# [Activity]
Within the data beneath, some lines may hold the word "waits". Give the number of those lines and nothing else.

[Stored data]

======

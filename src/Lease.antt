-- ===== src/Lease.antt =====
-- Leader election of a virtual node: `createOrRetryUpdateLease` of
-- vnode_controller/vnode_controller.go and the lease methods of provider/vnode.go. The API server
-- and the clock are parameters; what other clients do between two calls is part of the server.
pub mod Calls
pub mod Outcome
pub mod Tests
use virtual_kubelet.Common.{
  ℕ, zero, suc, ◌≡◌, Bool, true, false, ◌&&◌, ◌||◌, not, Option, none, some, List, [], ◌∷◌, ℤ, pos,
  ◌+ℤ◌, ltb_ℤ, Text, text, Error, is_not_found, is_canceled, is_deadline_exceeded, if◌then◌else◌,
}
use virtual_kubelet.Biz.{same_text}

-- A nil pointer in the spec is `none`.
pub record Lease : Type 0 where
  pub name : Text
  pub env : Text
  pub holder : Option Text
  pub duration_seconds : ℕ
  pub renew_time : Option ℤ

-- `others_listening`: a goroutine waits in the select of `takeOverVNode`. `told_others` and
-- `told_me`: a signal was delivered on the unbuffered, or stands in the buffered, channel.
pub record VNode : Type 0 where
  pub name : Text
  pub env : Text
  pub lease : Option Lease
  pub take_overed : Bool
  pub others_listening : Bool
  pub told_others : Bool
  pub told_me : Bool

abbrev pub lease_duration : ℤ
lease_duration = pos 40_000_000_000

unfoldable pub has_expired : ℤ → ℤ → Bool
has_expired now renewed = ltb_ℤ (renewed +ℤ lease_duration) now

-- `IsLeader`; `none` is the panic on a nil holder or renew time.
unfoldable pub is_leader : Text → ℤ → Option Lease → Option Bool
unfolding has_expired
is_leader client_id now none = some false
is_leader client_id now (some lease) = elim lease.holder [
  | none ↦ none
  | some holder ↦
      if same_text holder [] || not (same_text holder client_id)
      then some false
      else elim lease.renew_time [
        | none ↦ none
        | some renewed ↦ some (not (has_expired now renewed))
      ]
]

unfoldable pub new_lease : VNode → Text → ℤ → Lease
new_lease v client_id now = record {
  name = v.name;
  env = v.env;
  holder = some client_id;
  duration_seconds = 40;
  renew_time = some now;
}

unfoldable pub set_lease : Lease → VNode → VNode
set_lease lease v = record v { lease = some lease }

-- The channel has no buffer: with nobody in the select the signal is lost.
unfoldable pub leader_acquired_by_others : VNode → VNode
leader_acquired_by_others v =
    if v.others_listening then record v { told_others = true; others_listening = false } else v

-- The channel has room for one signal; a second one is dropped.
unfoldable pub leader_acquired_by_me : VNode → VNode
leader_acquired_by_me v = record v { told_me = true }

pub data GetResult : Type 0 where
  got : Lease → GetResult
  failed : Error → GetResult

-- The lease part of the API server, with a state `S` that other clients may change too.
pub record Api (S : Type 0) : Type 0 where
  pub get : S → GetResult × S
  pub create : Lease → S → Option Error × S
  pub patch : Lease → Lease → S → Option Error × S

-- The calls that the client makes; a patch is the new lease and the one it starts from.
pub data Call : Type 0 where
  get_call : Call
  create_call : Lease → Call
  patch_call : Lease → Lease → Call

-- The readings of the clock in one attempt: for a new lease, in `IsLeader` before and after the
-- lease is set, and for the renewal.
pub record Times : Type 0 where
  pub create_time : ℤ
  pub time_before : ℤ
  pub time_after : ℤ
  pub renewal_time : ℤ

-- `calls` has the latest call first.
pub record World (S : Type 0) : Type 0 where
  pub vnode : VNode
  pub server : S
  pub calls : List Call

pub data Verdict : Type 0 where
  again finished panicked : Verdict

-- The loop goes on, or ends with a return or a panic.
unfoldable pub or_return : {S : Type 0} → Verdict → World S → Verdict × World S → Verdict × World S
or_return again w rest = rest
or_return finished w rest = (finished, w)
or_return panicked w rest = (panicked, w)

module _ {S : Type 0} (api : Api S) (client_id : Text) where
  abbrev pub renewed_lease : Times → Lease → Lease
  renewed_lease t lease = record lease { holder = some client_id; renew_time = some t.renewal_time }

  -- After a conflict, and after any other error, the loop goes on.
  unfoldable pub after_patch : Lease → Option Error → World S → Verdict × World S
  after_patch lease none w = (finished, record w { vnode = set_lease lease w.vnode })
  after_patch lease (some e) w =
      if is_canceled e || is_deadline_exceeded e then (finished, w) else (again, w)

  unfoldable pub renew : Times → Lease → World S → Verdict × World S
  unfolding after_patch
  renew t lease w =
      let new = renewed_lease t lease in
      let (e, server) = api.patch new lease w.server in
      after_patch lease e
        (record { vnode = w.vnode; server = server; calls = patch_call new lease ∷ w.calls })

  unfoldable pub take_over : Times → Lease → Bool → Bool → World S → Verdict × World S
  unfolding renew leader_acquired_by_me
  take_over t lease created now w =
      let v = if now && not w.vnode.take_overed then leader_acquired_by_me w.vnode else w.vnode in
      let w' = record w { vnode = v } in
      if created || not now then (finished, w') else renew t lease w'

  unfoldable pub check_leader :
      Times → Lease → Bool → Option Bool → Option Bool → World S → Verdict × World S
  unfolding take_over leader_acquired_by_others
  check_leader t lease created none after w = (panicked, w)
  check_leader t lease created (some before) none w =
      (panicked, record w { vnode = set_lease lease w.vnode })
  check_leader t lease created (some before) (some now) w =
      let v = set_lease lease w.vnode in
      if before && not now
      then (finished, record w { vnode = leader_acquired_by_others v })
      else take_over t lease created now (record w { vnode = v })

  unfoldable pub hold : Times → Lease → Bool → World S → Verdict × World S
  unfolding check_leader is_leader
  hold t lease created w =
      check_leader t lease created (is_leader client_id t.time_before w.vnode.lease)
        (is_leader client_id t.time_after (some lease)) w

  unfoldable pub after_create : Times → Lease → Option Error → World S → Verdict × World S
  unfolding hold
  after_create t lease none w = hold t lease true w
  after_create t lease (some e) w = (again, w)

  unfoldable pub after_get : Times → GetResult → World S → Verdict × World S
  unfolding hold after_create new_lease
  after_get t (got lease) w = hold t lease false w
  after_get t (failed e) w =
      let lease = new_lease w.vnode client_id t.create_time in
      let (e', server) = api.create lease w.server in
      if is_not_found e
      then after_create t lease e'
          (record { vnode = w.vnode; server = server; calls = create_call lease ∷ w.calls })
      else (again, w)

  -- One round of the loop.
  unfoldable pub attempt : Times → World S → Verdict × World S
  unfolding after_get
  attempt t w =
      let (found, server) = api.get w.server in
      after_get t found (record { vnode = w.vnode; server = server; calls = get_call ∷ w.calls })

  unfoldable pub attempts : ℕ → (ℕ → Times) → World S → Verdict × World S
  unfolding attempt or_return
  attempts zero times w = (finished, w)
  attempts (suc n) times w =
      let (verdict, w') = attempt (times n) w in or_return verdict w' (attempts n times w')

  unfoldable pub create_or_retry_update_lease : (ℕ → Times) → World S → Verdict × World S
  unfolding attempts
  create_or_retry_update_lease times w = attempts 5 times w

======

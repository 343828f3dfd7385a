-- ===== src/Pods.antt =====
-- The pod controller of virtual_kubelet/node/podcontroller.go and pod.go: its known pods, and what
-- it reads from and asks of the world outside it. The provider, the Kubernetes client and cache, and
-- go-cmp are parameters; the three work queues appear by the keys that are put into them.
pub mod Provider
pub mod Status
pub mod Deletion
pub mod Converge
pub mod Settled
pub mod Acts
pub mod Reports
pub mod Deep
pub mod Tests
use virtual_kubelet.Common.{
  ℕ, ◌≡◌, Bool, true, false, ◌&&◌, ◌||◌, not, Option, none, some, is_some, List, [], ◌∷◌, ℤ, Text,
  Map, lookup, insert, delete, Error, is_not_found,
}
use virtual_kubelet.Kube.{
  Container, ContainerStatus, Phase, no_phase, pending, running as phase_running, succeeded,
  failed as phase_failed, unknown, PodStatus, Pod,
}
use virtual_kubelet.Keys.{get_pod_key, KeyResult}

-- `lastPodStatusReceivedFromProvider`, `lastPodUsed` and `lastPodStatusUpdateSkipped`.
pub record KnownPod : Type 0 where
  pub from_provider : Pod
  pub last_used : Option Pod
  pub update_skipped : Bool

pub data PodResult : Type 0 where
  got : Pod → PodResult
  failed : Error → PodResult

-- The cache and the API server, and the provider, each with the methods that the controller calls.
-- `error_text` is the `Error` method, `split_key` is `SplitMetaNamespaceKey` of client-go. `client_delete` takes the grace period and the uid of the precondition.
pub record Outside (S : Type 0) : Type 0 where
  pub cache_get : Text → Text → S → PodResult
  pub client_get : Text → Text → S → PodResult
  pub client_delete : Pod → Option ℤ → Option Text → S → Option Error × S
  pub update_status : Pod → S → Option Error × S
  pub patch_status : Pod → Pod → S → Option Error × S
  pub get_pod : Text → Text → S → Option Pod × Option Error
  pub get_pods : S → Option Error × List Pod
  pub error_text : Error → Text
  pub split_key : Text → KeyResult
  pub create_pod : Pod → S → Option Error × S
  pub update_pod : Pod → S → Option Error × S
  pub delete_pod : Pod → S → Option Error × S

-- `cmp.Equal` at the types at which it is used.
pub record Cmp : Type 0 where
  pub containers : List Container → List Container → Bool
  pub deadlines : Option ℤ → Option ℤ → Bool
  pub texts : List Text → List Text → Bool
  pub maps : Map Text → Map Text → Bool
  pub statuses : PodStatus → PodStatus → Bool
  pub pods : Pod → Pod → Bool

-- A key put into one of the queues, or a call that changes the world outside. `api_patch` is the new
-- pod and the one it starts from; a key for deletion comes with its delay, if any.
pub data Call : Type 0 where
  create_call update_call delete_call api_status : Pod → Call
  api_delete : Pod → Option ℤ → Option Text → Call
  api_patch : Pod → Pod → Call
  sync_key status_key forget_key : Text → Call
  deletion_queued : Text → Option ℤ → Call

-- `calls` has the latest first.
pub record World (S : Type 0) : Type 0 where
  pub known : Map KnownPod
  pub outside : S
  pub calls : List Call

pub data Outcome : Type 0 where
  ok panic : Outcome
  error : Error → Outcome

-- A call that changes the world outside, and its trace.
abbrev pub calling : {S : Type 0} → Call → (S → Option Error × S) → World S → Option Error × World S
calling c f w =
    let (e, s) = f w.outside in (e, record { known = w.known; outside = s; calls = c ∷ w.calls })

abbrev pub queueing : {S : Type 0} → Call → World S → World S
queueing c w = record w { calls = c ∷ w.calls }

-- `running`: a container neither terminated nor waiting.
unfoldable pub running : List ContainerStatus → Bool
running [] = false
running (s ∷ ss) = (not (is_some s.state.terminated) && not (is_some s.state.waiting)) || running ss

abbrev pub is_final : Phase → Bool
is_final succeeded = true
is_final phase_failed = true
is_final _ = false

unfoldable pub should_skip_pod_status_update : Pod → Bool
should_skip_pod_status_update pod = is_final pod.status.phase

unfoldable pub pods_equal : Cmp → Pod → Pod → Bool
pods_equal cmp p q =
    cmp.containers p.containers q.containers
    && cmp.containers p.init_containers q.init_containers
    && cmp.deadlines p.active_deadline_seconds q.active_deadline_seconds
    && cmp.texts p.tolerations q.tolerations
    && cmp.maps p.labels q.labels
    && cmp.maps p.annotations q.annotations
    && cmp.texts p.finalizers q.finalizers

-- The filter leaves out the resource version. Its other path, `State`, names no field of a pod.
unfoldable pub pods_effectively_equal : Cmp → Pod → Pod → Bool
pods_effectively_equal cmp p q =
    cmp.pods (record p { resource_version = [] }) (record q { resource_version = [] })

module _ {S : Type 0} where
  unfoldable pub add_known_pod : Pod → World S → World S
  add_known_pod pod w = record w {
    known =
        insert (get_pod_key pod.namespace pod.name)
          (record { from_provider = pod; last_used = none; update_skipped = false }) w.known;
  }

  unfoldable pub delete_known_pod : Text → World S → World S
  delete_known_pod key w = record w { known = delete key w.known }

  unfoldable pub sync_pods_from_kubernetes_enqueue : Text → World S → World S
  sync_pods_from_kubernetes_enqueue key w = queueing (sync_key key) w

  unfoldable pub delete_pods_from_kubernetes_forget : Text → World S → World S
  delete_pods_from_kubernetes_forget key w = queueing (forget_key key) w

======

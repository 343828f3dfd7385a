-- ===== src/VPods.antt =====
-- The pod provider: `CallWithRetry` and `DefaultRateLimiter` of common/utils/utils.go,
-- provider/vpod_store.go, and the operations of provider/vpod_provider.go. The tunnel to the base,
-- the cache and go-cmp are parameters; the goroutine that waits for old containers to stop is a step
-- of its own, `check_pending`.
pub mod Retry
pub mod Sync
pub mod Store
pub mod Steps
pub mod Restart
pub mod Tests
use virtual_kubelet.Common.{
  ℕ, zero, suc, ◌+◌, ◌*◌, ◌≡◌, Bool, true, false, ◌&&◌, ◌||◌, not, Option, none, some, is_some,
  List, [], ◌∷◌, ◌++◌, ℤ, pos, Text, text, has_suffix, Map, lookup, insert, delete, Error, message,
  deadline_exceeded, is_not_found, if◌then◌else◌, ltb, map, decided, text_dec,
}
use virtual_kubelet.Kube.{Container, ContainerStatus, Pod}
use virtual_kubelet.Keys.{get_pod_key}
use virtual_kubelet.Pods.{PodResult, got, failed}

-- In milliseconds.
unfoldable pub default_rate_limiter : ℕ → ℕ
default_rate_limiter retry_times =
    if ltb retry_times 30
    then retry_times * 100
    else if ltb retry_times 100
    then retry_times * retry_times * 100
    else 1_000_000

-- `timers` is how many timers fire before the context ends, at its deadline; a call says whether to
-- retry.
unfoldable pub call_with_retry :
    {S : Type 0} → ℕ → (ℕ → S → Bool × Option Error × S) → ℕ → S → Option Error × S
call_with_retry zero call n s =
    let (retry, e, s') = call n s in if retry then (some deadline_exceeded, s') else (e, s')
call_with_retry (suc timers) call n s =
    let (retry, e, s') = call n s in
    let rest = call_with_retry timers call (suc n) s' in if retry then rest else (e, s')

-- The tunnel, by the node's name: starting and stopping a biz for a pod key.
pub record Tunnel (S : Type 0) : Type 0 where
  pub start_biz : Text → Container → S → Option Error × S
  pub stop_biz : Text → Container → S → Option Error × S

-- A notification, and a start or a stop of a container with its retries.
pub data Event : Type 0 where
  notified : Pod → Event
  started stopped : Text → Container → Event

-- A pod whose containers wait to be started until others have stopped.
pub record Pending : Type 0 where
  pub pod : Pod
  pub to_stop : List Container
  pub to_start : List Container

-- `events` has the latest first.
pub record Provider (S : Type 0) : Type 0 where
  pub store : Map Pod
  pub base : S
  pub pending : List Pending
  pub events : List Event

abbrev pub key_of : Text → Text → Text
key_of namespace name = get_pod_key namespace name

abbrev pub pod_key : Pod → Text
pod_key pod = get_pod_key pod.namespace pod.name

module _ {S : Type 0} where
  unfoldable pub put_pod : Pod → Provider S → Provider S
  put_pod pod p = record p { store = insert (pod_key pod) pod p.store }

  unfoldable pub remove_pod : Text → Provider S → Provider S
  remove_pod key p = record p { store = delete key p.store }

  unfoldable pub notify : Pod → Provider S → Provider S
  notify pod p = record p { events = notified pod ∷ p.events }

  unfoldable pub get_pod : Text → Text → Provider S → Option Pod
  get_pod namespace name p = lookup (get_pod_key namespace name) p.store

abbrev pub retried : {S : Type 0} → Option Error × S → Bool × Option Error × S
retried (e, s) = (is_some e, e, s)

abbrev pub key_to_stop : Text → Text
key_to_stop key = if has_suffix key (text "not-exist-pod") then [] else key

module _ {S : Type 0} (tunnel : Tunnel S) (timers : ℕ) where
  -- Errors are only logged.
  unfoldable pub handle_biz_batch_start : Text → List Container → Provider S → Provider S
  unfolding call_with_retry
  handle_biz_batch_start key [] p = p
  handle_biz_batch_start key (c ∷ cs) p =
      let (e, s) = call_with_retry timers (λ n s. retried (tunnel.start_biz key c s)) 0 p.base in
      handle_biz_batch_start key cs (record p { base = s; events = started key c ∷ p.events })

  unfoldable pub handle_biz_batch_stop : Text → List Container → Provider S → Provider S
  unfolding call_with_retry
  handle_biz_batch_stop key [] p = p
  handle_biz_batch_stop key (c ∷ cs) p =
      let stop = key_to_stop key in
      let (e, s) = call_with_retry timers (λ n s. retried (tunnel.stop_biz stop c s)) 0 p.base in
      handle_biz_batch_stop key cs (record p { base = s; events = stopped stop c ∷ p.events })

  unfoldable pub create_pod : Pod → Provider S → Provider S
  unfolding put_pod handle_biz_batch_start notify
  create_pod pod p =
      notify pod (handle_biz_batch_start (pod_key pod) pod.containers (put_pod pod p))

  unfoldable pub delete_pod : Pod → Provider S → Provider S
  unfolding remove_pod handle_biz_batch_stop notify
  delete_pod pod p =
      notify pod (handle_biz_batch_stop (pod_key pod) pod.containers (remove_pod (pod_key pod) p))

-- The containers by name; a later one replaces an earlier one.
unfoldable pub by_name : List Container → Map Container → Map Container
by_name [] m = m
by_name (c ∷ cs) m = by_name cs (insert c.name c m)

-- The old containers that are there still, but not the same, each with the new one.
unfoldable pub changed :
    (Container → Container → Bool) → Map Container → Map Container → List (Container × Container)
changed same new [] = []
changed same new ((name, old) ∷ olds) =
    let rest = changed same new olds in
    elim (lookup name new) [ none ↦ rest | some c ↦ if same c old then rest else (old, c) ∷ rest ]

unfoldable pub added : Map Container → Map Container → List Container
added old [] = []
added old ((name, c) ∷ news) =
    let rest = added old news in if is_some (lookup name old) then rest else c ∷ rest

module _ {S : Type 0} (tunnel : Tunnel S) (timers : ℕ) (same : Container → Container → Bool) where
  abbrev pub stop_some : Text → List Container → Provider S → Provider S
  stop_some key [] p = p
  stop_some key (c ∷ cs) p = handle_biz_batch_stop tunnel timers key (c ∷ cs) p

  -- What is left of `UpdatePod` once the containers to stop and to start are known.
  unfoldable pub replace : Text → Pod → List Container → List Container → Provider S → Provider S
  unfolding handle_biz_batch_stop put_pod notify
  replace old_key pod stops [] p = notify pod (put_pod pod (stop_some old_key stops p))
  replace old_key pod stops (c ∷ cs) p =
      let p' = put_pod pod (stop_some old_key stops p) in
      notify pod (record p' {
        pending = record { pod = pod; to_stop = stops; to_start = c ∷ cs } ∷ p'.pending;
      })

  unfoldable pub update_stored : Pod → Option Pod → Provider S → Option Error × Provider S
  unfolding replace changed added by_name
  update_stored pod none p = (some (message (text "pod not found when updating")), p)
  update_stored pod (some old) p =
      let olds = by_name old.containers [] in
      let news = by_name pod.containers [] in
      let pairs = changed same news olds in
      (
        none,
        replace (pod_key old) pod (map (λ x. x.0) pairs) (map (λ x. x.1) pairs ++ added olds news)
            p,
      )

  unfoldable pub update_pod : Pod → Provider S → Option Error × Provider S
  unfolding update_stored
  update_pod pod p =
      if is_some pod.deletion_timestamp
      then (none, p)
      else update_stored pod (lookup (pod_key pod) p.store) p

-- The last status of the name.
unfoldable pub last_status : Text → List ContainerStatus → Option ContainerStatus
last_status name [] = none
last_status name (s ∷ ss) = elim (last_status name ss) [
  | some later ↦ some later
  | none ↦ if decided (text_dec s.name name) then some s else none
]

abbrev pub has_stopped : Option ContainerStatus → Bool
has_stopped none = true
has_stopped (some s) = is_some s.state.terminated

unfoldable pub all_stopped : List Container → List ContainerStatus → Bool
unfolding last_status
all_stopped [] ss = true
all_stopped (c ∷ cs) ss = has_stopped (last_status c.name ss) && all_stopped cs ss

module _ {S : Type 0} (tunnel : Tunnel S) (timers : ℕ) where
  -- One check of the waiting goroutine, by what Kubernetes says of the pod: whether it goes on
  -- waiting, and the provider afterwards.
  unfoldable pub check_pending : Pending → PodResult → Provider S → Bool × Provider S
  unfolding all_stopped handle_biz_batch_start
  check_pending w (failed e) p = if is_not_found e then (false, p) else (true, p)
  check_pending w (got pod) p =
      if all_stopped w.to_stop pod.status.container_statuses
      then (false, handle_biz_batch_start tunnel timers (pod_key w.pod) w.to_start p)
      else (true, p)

======

# [Answer to the exercise]
2